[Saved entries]

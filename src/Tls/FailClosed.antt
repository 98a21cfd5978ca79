-- ===== src/Tls/FailClosed.antt =====
-- tls.go: a partial configuration never yields credentials and never passes for plaintext.
use herrscher_transport.Prelude.{
  ◌≡◌, refl, ◌≢◌, ◌↔◌, ◌⊎◌, inl, inr, String, Bool, true, false, List, [], ◌∷◌, none, some, arith,
  eq_iff, ◌==◌, ◌||◌,
}
use herrscher_transport.Errors.{
  Error, ok, err, Result-cases, bind-eq-ok, ok-injective, tls_half_configured,
}
use herrscher_transport.Errors.Format.{env_tls_ca, env_tls_cert, env_tls_key}
use herrscher_transport.Tls.{
  TlsConfig, missing_of, validate, Files, load_cert_and_pool, server_credentials,
  client_credentials, Credentials, version_tls12,
}

abbrev pub IsPlaintext : TlsConfig → Type 0
IsPlaintext c = (c.ca_file_name ≡ "") × (c.cert_file ≡ "") × (c.key_file ≡ "")

abbrev pub IsMutual : TlsConfig → Type 0
IsMutual c = (c.ca_file_name ≢ "") × (c.cert_file ≢ "") × (c.key_file ≢ "")

abbrev pub names_setting : String → List String → Bool
names_setting name [] = false
names_setting name (n ∷ names) = n == name || names_setting name names

-- Validate accepts exactly the configurations with nothing set and those with all three files set.
pub validate_iff :
    (B : Type 0) (c : TlsConfig) → (validate B c ≡ ok tt) ↔ (IsPlaintext c ⊎ IsMutual c)
unfolding validate
validate_iff B c = (
  (λ h. ground (arith, eq_iff c.ca_file_name "", eq_iff c.cert_file "", eq_iff c.key_file "")),
  (λ h. ground (arith, eq_iff c.ca_file_name "", eq_iff c.cert_file "", eq_iff c.key_file "")),
)

-- When Validate fails, its error names the settings that are empty, and only those.
pub validate_names :
    (B : Type 0) (c : TlsConfig) (names : List String)
    → validate B c ≡ err (tls_half_configured names)
    → (names_setting env_tls_ca names ≡ (c.ca_file_name == ""))
      × (names_setting env_tls_cert names ≡ (c.cert_file == ""))
      × (names_setting env_tls_key names ≡ (c.key_file == ""))
unfolding validate
validate_names B c names h = ground arith

module _ {B : Type 0} (F : Files B) where
  open F use {Certificate, Pool, Pem, load_key_pair, read_file, certs_from_pem}

  load_pem :
      (c : TlsConfig) (cert : Certificate) (pool : Pool)
      → load_cert_and_pool F c ≡ ok (cert, pool)
      → (pem : Pem) × (read_file c.ca_file_name ≡ ok pem) × (certs_from_pem pem ≡ some pool)
  unfolding load_cert_and_pool
  load_pem c cert pool h = elim (Result-cases (read_file c.ca_file_name)) [
    | inl (pem, e) ↦ (pem, e, ground arith)
    | inr (bad, e) ↦ absurd (ground arith)
  ]

  load_sound :
      (c : TlsConfig) (cert : Certificate) (pool : Pool)
      → load_cert_and_pool F c ≡ ok (cert, pool)
      → IsMutual c × (load_key_pair c.cert_file c.key_file ≡ ok cert)
  unfolding load_cert_and_pool
  load_sound c cert pool h =
      ground (arith, eq_iff c.ca_file_name "", eq_iff c.cert_file "", eq_iff c.key_file "")

  -- A server's credentials are built only when all three files are set, and from those files: it
  -- demands and verifies certificates of its clients against the CA, and speaks TLS 1.2 at least.
  pub server_credentials_sound :
      (c : TlsConfig) (cr : Credentials F)
      → server_credentials F c ≡ ok cr
      → IsMutual c
        × (load_key_pair c.cert_file c.key_file ≡ ok cr.certificate)
        × ((pem : Pem) × (read_file c.ca_file_name ≡ ok pem) × (certs_from_pem pem ≡ cr.client_cas))
        × (cr.client_cas ≢ none)
        × (cr.require_and_verify_client_cert ≡ true)
        × (cr.min_version ≡ version_tls12 F)
  unfolding server_credentials
  server_credentials_sound c cr h =
      let (loaded, e, built) = bind-eq-ok (load_cert_and_pool F c) _ h in
      let (full, key_pair) = load_sound c loaded.0 loaded.1 e in
      let (pem, read, parsed) = load_pem c loaded.0 loaded.1 e in
      rw (← ok-injective built) (full, key_pair, (pem, read, parsed), (λ n. cc), refl, refl)

  -- With some settings but not all, both kinds of credentials fail with the half-configured error,
  -- whatever the files hold.
  pub partial_refused :
      (c : TlsConfig)
      → ¬ IsPlaintext c
      → ¬ IsMutual c
      → (names : List String) × (server_credentials F c ≡ err (tls_half_configured names))
        × (client_credentials F c ≡ err (tls_half_configured names))
  unfolding server_credentials client_credentials missing_of
  partial_refused c p m = (
    missing_of c,
    ground (arith, eq_iff c.ca_file_name "", eq_iff c.cert_file "", eq_iff c.key_file ""),
    ground (arith, eq_iff c.ca_file_name "", eq_iff c.cert_file "", eq_iff c.key_file ""),
  )

  -- The two kinds of credentials fail alike, error for error.
  pub credentials_fail_alike :
      (c : TlsConfig) (e : Error B)
      → (server_credentials F c ≡ err e) ↔ (client_credentials F c ≡ err e)
  unfolding server_credentials client_credentials
  credentials_fail_alike c e = ((λ h. ground arith), (λ h. ground arith))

ACTIVITY:
Lines from the top of the entries above to the line that contains "names_setting name [] = false" should be set down exactly, please, with both ends kept and nothing added.

THE COMPLETED TASK:
filename src/Tls/FailClosed.antt
repository 98a21cfd5978ca79
-- ===== src/Tls/FailClosed.antt =====
-- tls.go: a partial configuration never yields credentials and never passes for plaintext.
use herrscher_transport.Prelude.{
  ◌≡◌, refl, ◌≢◌, ◌↔◌, ◌⊎◌, inl, inr, String, Bool, true, false, List, [], ◌∷◌, none, some, arith,
  eq_iff, ◌==◌, ◌||◌,
}
use herrscher_transport.Errors.{
  Error, ok, err, Result-cases, bind-eq-ok, ok-injective, tls_half_configured,
}
use herrscher_transport.Errors.Format.{env_tls_ca, env_tls_cert, env_tls_key}
use herrscher_transport.Tls.{
  TlsConfig, missing_of, validate, Files, load_cert_and_pool, server_credentials,
  client_credentials, Credentials, version_tls12,
}

abbrev pub IsPlaintext : TlsConfig → Type 0
IsPlaintext c = (c.ca_file_name ≡ "") × (c.cert_file ≡ "") × (c.key_file ≡ "")

abbrev pub IsMutual : TlsConfig → Type 0
IsMutual c = (c.ca_file_name ≢ "") × (c.cert_file ≢ "") × (c.key_file ≢ "")

abbrev pub names_setting : String → List String → Bool
names_setting name [] = false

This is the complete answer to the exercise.